--- Problem description ---
The answer must consist of every line from the data that holds the string "normalized".

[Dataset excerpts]
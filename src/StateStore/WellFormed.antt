-- ===== src/StateStore/WellFormed.antt =====
-- The invariant of one run's state, and that a commit which returns keeps it.
use deepkeel.Base.{
  ℕ, suc, ◌+◌, ◌≤◌, String, ◌≡◌, refl, sym, ap, ◌∙◌, Bool, true, false, some, List, [], ◌∷◌, ◌++◌,
  length, length-append, All, All-append, All-filter, ok, arith, if◌then◌else◌, ◌==◌, string_eq,
  pair_eq, eq_iff,
}
use deepkeel.Base.Int.{neg_part}
use deepkeel.Base.Dict.{get, get-put, get-empty}
use deepkeel.Base.Text.{or_else}
use deepkeel.Base.Objects.{Objects}
use deepkeel.StateStore.Status.{
  is_terminal, normalize_runtime_status, run_settled_event, normalize-normalize,
  normalize-preparing, is_terminal-or_else,
}
use deepkeel.StateStore.Aggregate.{RuntimeStateMutation, RuntimeStateReceipt, RunAggregate}
use deepkeel.StateStore.Memory.{
  Event, Checkpoint, new_event, MemoryRuntimeState, fresh, aggregate, checks, append_event,
  append_checkpoint, delete_checkpoints, settle_state, keep_receipt, receipt_of,
}
use deepkeel.StateStore.Applied.{Applied, apply-Applied}
use deepkeel.StateStore.Committed.{Made, written}

abbrev pub one_if : Bool → ℕ
one_if true = 1
one_if false = 0

module _ {Any : Type 0} where
  -- The events are numbered from `n` on, without a gap.
  abbrev pub NumberedFrom : ℕ → List (Event Any) → Type 0
  NumberedFrom n [] = Unit
  NumberedFrom n (e ∷ es) = (e.sequence ≡ n) × NumberedFrom (suc n) es

  -- how many `run.settled` events a journal holds
  abbrev pub settled_events : List (Event Any) → ℕ
  settled_events [] = 0
  settled_events (e ∷ es) =
      let rest = settled_events es in if e.event_type == run_settled_event then suc rest else rest

  pub record IsWellFormed (s : MemoryRuntimeState Any) : Type 0 where
    pub versions : s.version ≡ s.sequence
    pub journal : length s.events ≡ s.sequence
    pub numbered : NumberedFrom 1 s.events
    pub settled_once : settled_events s.events ≡ one_if (is_terminal s.status)
    pub normalized : normalize_runtime_status s.status ≡ or_else s.status "preparing"
    pub checkpointed : All (λ (c : Checkpoint Any). c.sequence ≤ s.sequence) s.checkpoints
    pub fenced : neg_part s.fence_generation ≡ 0
    pub receipted :
        (id : String) (r : RuntimeStateReceipt)
        → get s.receipts id ≡ some r
        → (r.mutation_id ≡ id)
          × (r.replayed ≡ false)
          × (r.sequence ≡ r.version)
          × (r.version ≤ s.version)

  NumberedFrom-append :
      (n : ℕ) (es : List (Event Any)) (e : Event Any)
      → NumberedFrom n es
      → e.sequence ≡ n + length es
      → NumberedFrom n (es ++ e ∷ [])
  NumberedFrom-append n [] e h k = (omega arith, tt)
  NumberedFrom-append n (x ∷ es) e h k = (h.0, NumberedFrom-append (suc n) es e h.1 (omega arith))

  settled_events-append :
      (es : List (Event Any)) (e : Event Any)
      → settled_events (es ++ e ∷ [])
        ≡ settled_events es + one_if (e.event_type == run_settled_event)
  settled_events-append [] e = ground arith
  settled_events-append (x ∷ es) e = ground (arith, settled_events-append es e)

  All-le_suc :
      (n : ℕ) (cs : List (Checkpoint Any))
      → All (λ (c : Checkpoint Any). c.sequence ≤ n) cs
      → All (λ (c : Checkpoint Any). c.sequence ≤ n + 1) cs
  All-le_suc n [] h = tt
  All-le_suc n (c ∷ cs) h = (omega arith, All-le_suc n cs h.1)

  pub fresh-IsWellFormed : IsWellFormed (fresh {Any = Any})
  unfolding is_terminal
  fresh-IsWellFormed = record {
    versions = refl;
    journal = refl;
    numbered = tt;
    settled_once = refl;
    normalized = normalize-preparing;
    checkpointed = tt;
    fenced = refl;
    receipted = λ id r h. absurd (ground (arith, get-empty {V = RuntimeStateReceipt} id));
  }

module _ {Any : Type 0} ⦃py : Objects Any⦄ where
  module _ (now : ℕ) (m : RuntimeStateMutation Any) (s : MemoryRuntimeState Any) (run_id : String)
      (agg' : RunAggregate Any) (a : Applied (aggregate s run_id) m (s.sequence + 1) agg')
      (w : IsWellFormed s) (fence : neg_part m.fence_generation ≡ 0) where
    version-applied : agg'.version ≡ s.version + 1
    unfolding aggregate
    version-applied = ap (λ (x : RunAggregate Any). x.version) a.result

    status-applied : agg'.status ≡ normalize_runtime_status m.target_status
    status-applied = ap (λ (x : RunAggregate Any). x.status) a.result

    was_open : is_terminal s.status ≡ false
    unfolding aggregate
    was_open = sym (is_terminal-or_else s.status) ∙ ap is_terminal (sym w.normalized) ∙ a.was_open

    journal_written : length (s.events ++ new_event m s ∷ []) ≡ s.sequence + 1
    journal_written = omega (arith, length-append {0} s.events (new_event m s ∷ []), w.journal)

    settled_written :
        settled_events (s.events ++ new_event m s ∷ []) ≡ one_if (is_terminal agg'.status)
    settled_written =
        rw (settled_events-append, w.settled_once, was_open, status-applied, a.settles)
          (omega arith)

    written-IsWellFormed : IsWellFormed (written agg' now m s)
    unfolding written append_event append_checkpoint delete_checkpoints settle_state keep_receipt
        receipt_of
    written-IsWellFormed = record {
      versions = version-applied ∙ ap (λ n. n + 1) w.versions;
      journal = journal_written;
      numbered =
          NumberedFrom-append 1 s.events (new_event m s) w.numbered (omega (arith, w.journal));
      settled_once = settled_written;
      normalized = rw status-applied (normalize-normalize m.target_status);
      checkpointed = All-filter _ _ _ (
          All-append _ s.checkpoints _ (All-le_suc s.sequence s.checkpoints w.checkpointed)
            (omega arith, tt));
      fenced = ground (arith, w.fenced);
      receipted = λ id r.
          rw get-put (ground (arith, eq_iff m.mutation_id id, w.receipted id r, version-applied));
    }

  fence-checked :
      (s : MemoryRuntimeState Any) (m : RuntimeStateMutation Any)
      → checks s m ≡ ok tt
      → neg_part m.fence_generation ≡ 0
  unfolding checks
  fence-checked s m h = ground arith

  -- A commit that returns keeps the invariant of its run.
  pub Made-IsWellFormed :
      (run_id : String) {now : ℕ} {m : RuntimeStateMutation Any} {s s' : MemoryRuntimeState Any}
      {r : RuntimeStateReceipt}
      → checks s m ≡ ok tt
      → Made (aggregate s run_id) now m s s' r
      → IsWellFormed s
      → IsWellFormed s'
  Made-IsWellFormed run_id {now} {m} {s} checked made w = rw made.writes (
      written-IsWellFormed now m s run_id made.agg'
        (apply-Applied (aggregate s run_id) m (s.sequence + 1) made.applied) w
        (fence-checked s m checked))
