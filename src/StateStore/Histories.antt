-- ===== src/StateStore/Histories.antt =====
-- Any sequence of commits, to any runs, whatever each of them raises.
use deepkeel.Base.{
  ℕ, ◌+◌, String, ◌≡◌, refl, sym, ap, subst, ◌∙◌, inl, inr, true, false, Bool-cases, none, List, [],
  ◌∷◌, Result, ok, ◌==◌, string_eq, pair_eq, eq_of_beq,
}
use deepkeel.Base.Dict.{get, get-empty, empty}
use deepkeel.Base.Objects.{Objects}
use deepkeel.Scope.{RuntimeScope, RunKey, storage_key}
use deepkeel.StateStore.Status.{is_terminal, is_terminal-or_else}
use deepkeel.StateStore.Aggregate.{StateError, RuntimeStateMutation, RuntimeStateReceipt}
use deepkeel.StateStore.Memory.{MemoryRuntimeState, FailureInjector, fresh, aggregate, checks}
use deepkeel.StateStore.Commit.{States, state_at, commit_scoped}
use deepkeel.StateStore.Applied.{apply-Applied}
use deepkeel.StateStore.Committed.{Made}
use deepkeel.StateStore.Outcome.{Outcome, replayed, refused, committed, commit_at-Outcome}
use deepkeel.StateStore.WellFormed.{IsWellFormed, fresh-IsWellFormed, Made-IsWellFormed}

-- One call of `commit_scoped`
pub record Request (Any : Type 0) : Type 0 where
  pub injector : FailureInjector
  pub now : ℕ
  pub scope : RuntimeScope
  pub mutation : RuntimeStateMutation Any

module _ {Any : Type 0} where
  abbrev pub key_of : Request Any → RunKey
  key_of q = (storage_key q.scope, q.mutation.run_id)

module _ {Any : Type 0} ⦃py : Objects Any⦄ where
  abbrev pub handle : States Any → Request Any → Result StateError RuntimeStateReceipt × States Any
  handle states q = commit_scoped q.injector q.now q.scope q.mutation states

  -- the caller goes on after an exception
  unfoldable pub serve : States Any → List (Request Any) → States Any
  serve states [] = states
  serve states (q ∷ rest) = serve (handle states q).1 rest

  abbrev pub HandleOutcome : States Any → Request Any → Type 0
  HandleOutcome states q = Outcome q.injector q.now (key_of q) q.mutation states (handle states q)

  pub handle-Outcome : (states : States Any) (q : Request Any) → HandleOutcome states q
  unfolding commit_scoped
  handle-Outcome states q = commit_at-Outcome q.injector q.now (key_of q) q.mutation states

  -- What holds of a run's state before a request, and is kept where the run is written to, holds
  -- after any requests.
  module _ (P : MemoryRuntimeState Any → Type 0) (key : RunKey)
      (keeps : (q : Request Any) (s s' : MemoryRuntimeState Any) (r : RuntimeStateReceipt)
        → get s.receipts q.mutation.mutation_id ≡ none
        → checks s q.mutation ≡ ok tt
        → Made (aggregate s q.mutation.run_id) q.now q.mutation s s' r
        → P s
        → P s') where
    handle-keeps :
        (states : States Any) (q : Request Any)
        → HandleOutcome states q
        → P (state_at states key)
        → P (state_at (handle states q).1 key)
    handle-keeps states q (replayed old f e same) h = rw (same key) h
    handle-keeps states q (refused x f e same) h = rw (same key) h
    handle-keeps states q (committed r s' f c made e updates) h =
        rw (updates key) (elim (Bool-cases (key_of q == key)) [
          | inl here ↦ rw here (
              keeps q (state_at states (key_of q)) s' r f c made
                (subst (λ (k : RunKey). P (state_at states k)) (sym (eq_of_beq here)) h))
          | inr elsewhere ↦ rw elsewhere h
        ])

    pub serve-keeps :
        (states : States Any) (requests : List (Request Any))
        → P (state_at states key)
        → P (state_at (serve states requests) key)
    unfolding serve
    serve-keeps states [] h = h
    serve-keeps states (q ∷ rest) h =
        serve-keeps (handle states q).1 rest (handle-keeps states q (handle-Outcome states q) h)

  -- From a well-formed state of a run, any requests lead to one.
  pub serve-IsWellFormed :
      (states : States Any) (requests : List (Request Any)) (key : RunKey)
      → IsWellFormed (state_at states key)
      → IsWellFormed (state_at (serve states requests) key)
  serve-IsWellFormed states requests key h =
      serve-keeps IsWellFormed key
        (λ q s s' r f c made w. Made-IsWellFormed q.mutation.run_id c made w) states requests h

  state_at-empty : (key : RunKey) → state_at {Any = Any} empty key ≡ fresh
  unfolding state_at
  state_at-empty key = rw get-empty

  -- Whatever requests a new store has served, and whatever they raised, the state of every run is
  -- well formed: its version is its sequence number and the length of its journal, the events are
  -- numbered from 1 without a gap, exactly one of them is `run.settled` if the status is terminal
  -- and none otherwise, the status is normalized, no checkpoint is ahead of the journal, the fence
  -- is no negative number, and each receipt is kept under its own id and is not ahead of the run.
  pub reachable-IsWellFormed :
      (requests : List (Request Any)) (key : RunKey)
      → IsWellFormed (state_at (serve empty requests) key)
  reachable-IsWellFormed requests key =
      serve-IsWellFormed empty requests key (rw (state_at-empty key) fresh-IsWellFormed)

  -- A settled run makes no commit.
  Made-open :
      (run_id : String) {now : ℕ} {m : RuntimeStateMutation Any} {s s' : MemoryRuntimeState Any}
      {r : RuntimeStateReceipt}
      → IsWellFormed s
      → Made (aggregate s run_id) now m s s' r
      → is_terminal s.status ≡ false
  unfolding aggregate
  Made-open run_id {m = m} {s = s} w made =
      sym (is_terminal-or_else s.status)
      ∙ ap is_terminal (sym w.normalized)
      ∙ (apply-Applied (aggregate s run_id) m (s.sequence + 1) made.applied).was_open

  -- Once the status of a well-formed run is terminal, no further requests change anything of it:
  -- its status, journal, checkpoints, receipts and fence stay as they are.
  pub settled_forever :
      (states : States Any) (requests : List (Request Any)) (key : RunKey)
      → IsWellFormed (state_at states key)
      → is_terminal (state_at states key).status ≡ true
      → state_at (serve states requests) key ≡ state_at states key
  settled_forever states requests key w settled =
      serve-keeps (λ s. s ≡ state_at states key) key
        (λ q s s' r f c made same. absurd (settled_no_commit q s s' r made same)) states requests
        refl
    where
      settled_no_commit :
          (q : Request Any) (s s' : MemoryRuntimeState Any) (r : RuntimeStateReceipt)
          → Made (aggregate s q.mutation.run_id) q.now q.mutation s s' r
          → s ≡ state_at states key
          → ⊥
      settled_no_commit q s s' r made same = cc (
        Made-open q.mutation.run_id (subst IsWellFormed (sym same) w) made,
        ap (λ (x : MemoryRuntimeState Any). is_terminal x.status) same,
        settled,
      )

--- Result of the task ---
    pub normalized : normalize_runtime_status s.status ≡ or_else s.status "preparing"
    normalized = normalize-preparing;
    was_open = sym (is_terminal-or_else s.status) ∙ ap is_terminal (sym w.normalized) ∙ a.was_open
      normalized = rw status-applied (normalize-normalize m.target_status);
  -- and none otherwise, the status is normalized, no checkpoint is ahead of the journal, the fence
      ∙ ap is_terminal (sym w.normalized)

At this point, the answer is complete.